大兵团摧枯拉朽式的打击已经让欧洲人数占绝对优势的联军完蛋了,奥地利和俄国在奥斯特里茨已经被打垮。欧洲版图上的强权们纷纷向法国和皇帝臣服。然而莱因联邦却在英国的煽动下发动了第四次反法联盟。我们---第5龙骑兵团,随同皇帝的鹰旗一起,准备给无理的沙皇和普鲁士皇帝补习一下礼貌课。
野营。
明天就要会战了,今晚照规矩是要纵情狂欢一下的,马塞纳将军的部队从附近的村庄里“征”来了25桶白兰地。我--一个骑兵上尉,离开了闹哄哄的军官俱乐部帐篷,在二月的寒风里冷得直打哆嗦。尽管身上穿着军大衣和冬装,披着斗篷,还是一点也感觉不到暖意。

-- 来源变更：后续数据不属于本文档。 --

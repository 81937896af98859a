-- ===== src/Todo/Index/Repair/Plans.antt =====
-- The changes that take an ascending list of pairs to another, for the repair of api/src/todo_index.c.
use Prim.Native.Nat.{Ordering}
use codo.Prelude.{
  ◌≡◌, refl, ◌∙◌, ap, sym, Bool, true, false, ◌||◌, ◌&&◌, not, List, [], ◌∷◌, arith, inl, inr,
  Bool-cases,
}
use codo.Todo.Index.{OwnerPair, pair_compare}

unfoldable pub same_pair : OwnerPair → OwnerPair → Bool
same_pair p q = elim (pair_compare p q) [ Ordering.eq ↦ true | _ ↦ false ]

unfoldable pub member : OwnerPair → List OwnerPair → Bool
member p [] = false
member p (q ∷ qs) = same_pair p q || member p qs

-- `p` comes before every pair of the list.
abbrev pub Above : OwnerPair → List OwnerPair → Type 0
Above p [] = Unit
Above p (q ∷ qs) = (pair_compare p q ≡ Ordering.lt) × Above p qs

-- Sorted by `pair_compare`, with no pair twice.
abbrev pub Ascending : List OwnerPair → Type 0
Ascending [] = Unit
Ascending (p ∷ ps) = Above p ps × Ascending ps

pair_compare_trans :
    (p q r : OwnerPair)
    → pair_compare p q ≡ Ordering.lt
    → pair_compare q r ≡ Ordering.lt
    → pair_compare p r ≡ Ordering.lt
unfolding pair_compare
pair_compare_trans p q r h k = ground arith

pub pair_compare_flip :
    (p q : OwnerPair) → pair_compare p q ≡ Ordering.gt → pair_compare q p ≡ Ordering.lt
unfolding pair_compare
pair_compare_flip p q h = ground arith

same_pair_iff : (p q : OwnerPair) → same_pair p q ≡ true → p ≡ q
unfolding same_pair pair_compare
same_pair_iff p q h = ground arith

same_pair_eq : (p q : OwnerPair) → pair_compare p q ≡ Ordering.eq → same_pair p q ≡ true
unfolding same_pair
same_pair_eq p q h = ground arith

same_pair_self : (p : OwnerPair) → same_pair p p ≡ true
unfolding same_pair pair_compare
same_pair_self p = ground arith

same_pair_lt : (p q : OwnerPair) → pair_compare p q ≡ Ordering.lt → same_pair p q ≡ false
unfolding same_pair
same_pair_lt p q h = ground arith

same_pair_comm : (p q : OwnerPair) → same_pair p q ≡ same_pair q p
unfolding same_pair pair_compare
same_pair_comm p q = ground arith

pub Above-trans :
    (p q : OwnerPair) (qs : List OwnerPair)
    → pair_compare p q ≡ Ordering.lt
    → Above q qs
    → Above p qs
Above-trans p q [] h k = tt
Above-trans p q (r ∷ qs) h k = (pair_compare_trans p q r h k.0, Above-trans p q qs h k.1)

Above-member : (p : OwnerPair) (qs : List OwnerPair) → Above p qs → member p qs ≡ false
unfolding member
Above-member p [] h = refl
Above-member p (q ∷ qs) h = ground (arith, same_pair_lt p q h.0, Above-member p qs h.1)

pub data Change : Type 0 where
  added removed : OwnerPair → Change

-- Whether a pair is added, and whether it is removed.
unfoldable pub adds : List Change → OwnerPair → Bool
adds [] q = false
adds (added p ∷ changes) q = same_pair p q || adds changes q
adds (removed p ∷ changes) q = adds changes q

unfoldable pub removes : List Change → OwnerPair → Bool
removes [] q = false
removes (added p ∷ changes) q = removes changes q
removes (removed p ∷ changes) q = same_pair p q || removes changes q

-- The changes that take the pairs listed in `have` to those in `wanted`.
abbrev pub IsPlan : List OwnerPair → List OwnerPair → List Change → Type 0
IsPlan wanted have changes =
    (q : OwnerPair)
    → (adds changes q ≡ (member q wanted && not (member q have)))
      × (removes changes q ≡ (member q have && not (member q wanted)))

pub IsPlan-nil : IsPlan [] [] []
unfolding adds removes member
IsPlan-nil q = (refl, refl)

pub IsPlan-add :
    (w : OwnerPair) (wanted have : List OwnerPair) (changes : List Change)
    → Above w have
    → IsPlan wanted have changes
    → IsPlan (w ∷ wanted) have (added w ∷ changes)
unfolding adds removes member
IsPlan-add w wanted have changes above plan q =
    let absent = Above-member w have above in
    let same = same_pair_iff w q in
    let comm = same_pair_comm q w in
    let (a, b) = plan q in
    elim (Bool-cases (same_pair w q)) [
      | inl t ↦
          let absent' : member q have ≡ false = ap (λ x. member x have) (sym (same t)) ∙ absent in
          (ground (arith, a, absent', t, comm), ground (arith, b, absent', t, comm))
      | inr t ↦ (ground (arith, a, t, comm), ground (arith, b, t, comm))
    ]

pub IsPlan-drop :
    (wanted : List OwnerPair) (p : OwnerPair) (have : List OwnerPair) (changes : List Change)
    → Above p wanted
    → IsPlan wanted have changes
    → IsPlan wanted (p ∷ have) (removed p ∷ changes)
unfolding adds removes member
IsPlan-drop wanted p have changes above plan q =
    let absent = Above-member p wanted above in
    let same = same_pair_iff p q in
    let comm = same_pair_comm q p in
    let (a, b) = plan q in
    elim (Bool-cases (same_pair p q)) [
      | inl t ↦
          let absent' : member q wanted ≡ false =
            ap (λ x. member x wanted) (sym (same t)) ∙ absent in
          (ground (arith, a, absent', t, comm), ground (arith, b, absent', t, comm))
      | inr t ↦ (ground (arith, a, t, comm), ground (arith, b, t, comm))
    ]

pub IsPlan-both :
    (w p : OwnerPair) (wanted have : List OwnerPair) (changes : List Change)
    → pair_compare w p ≡ Ordering.eq
    → Above w wanted
    → Above p have
    → IsPlan wanted have changes
    → IsPlan (w ∷ wanted) (p ∷ have) changes
unfolding adds removes member
IsPlan-both w p wanted have changes eq above_w above_p plan q =
    let one : w ≡ p = same_pair_iff w p (same_pair_eq w p eq) in
    let twin : same_pair q p ≡ same_pair q w = ap (same_pair q) (sym one) in
    let absent_w = Above-member w wanted above_w in
    let absent_p = Above-member p have above_p in
    let same = same_pair_iff q w in
    let (a, b) = plan q in
    elim (Bool-cases (same_pair q w)) [
      | inl t ↦
          let x : member q wanted ≡ false = ap (λ z. member z wanted) (same t) ∙ absent_w in
          let y : member q have ≡ false = ap (λ z. member z have) (same t ∙ one) ∙ absent_p in
          (ground (arith, a, t, twin, x, y), ground (arith, b, t, twin, x, y))
      | inr t ↦ (ground (arith, a, t, twin), ground (arith, b, t, twin))
    ]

迎面走来一个胸甲骑兵军官,从他的大块头,以及圆筒帽上的红羽毛就可以看出来。看他的样子,似乎不喜欢军官俱乐部里面的酒会。他向我问起有没有烟草,我从大衣口袋里掏出烟丝袋,和那人一起坐在一面军鼓上抽起烟来。
“从来没想到会来到这么冷的地方啊。”
“是啊。我也从来没有想过,普鲁士竟然会这么冷啊。”那人顺口搭讪道。
“听你的口音像是不列塔尼人。”我想继续把谈话继续下去。
“听你的口音不像是法国人。”那人回答道。
“是的。我从路易斯安娜来的。为了解放法国和欧洲而来的。你为什么参战?”
他微笑着没有作答,只是一个劲的抽闷烟。过了一会儿,他说道 :“为了自己。”然后又保持缄默。然后他在靴子上磕了磕自己的烟斗,向我说道:
“哦?看来你走的挺远的嘛。你是哪个团的?”他微笑了一下问道。
“叫我如萨克好了,我是第四龙骑兵师的,你呢?看你的架势像是个老兵了。”
那人又笑了一下,“我叫罗史福尔,是第一胸甲骑兵团的。”他站起身来,“我要走了,给你的枪换块火石吧,明天可能用得着,谢谢你的烟草了,算我欠你一个人情!”然后就大步流星的走开了,很快,他高大的身影就消失在浓浓的夜雾之中。
换块火石......据说那是在奥斯特里茨的时候皇帝告诉近卫军士兵的。我也打了个哈欠,回自己的帐篷睡觉了。明天大概五点就要起来集合了。可是在这么重要的战事之前,怎么睡得着呢?我盖着毛毯,上面加了件军大衣,两只眼睛盯着头顶上山着微弱的光芒的马灯,心里一团乱麻,不知不觉地也睡着了。
次日黎明。
大约早上五点的时候我给我的勤务兵吵醒了。他一跃而起,大喊:‘醒醒,长官,号响了!’‘嘘,大兵!’我回答说,‘那是马链子在响。’‘链子响? ’他说。‘那么那个又是什么?’这时一阵清晰的号声传进了我们的耳朵里。
军号手们吹起了集合号。我的副手朱诺上尉一边穿制服一边哼着恼人的小曲。我睁开双眼,活动着几乎冻僵了的四肢,从床上爬起来,穿上绿色的军服,戴上金色的铜质龙骑兵头盔,蹬上擦得铮亮的马靴,配上马刀,又仔细的检查了自己那支手枪,挎上了弹药包和火药,然后匆匆忙忙的去参加祷告.早餐很简单:面包干、火腿和奶酪,我又喝了一点白兰地,让自己暖和起来。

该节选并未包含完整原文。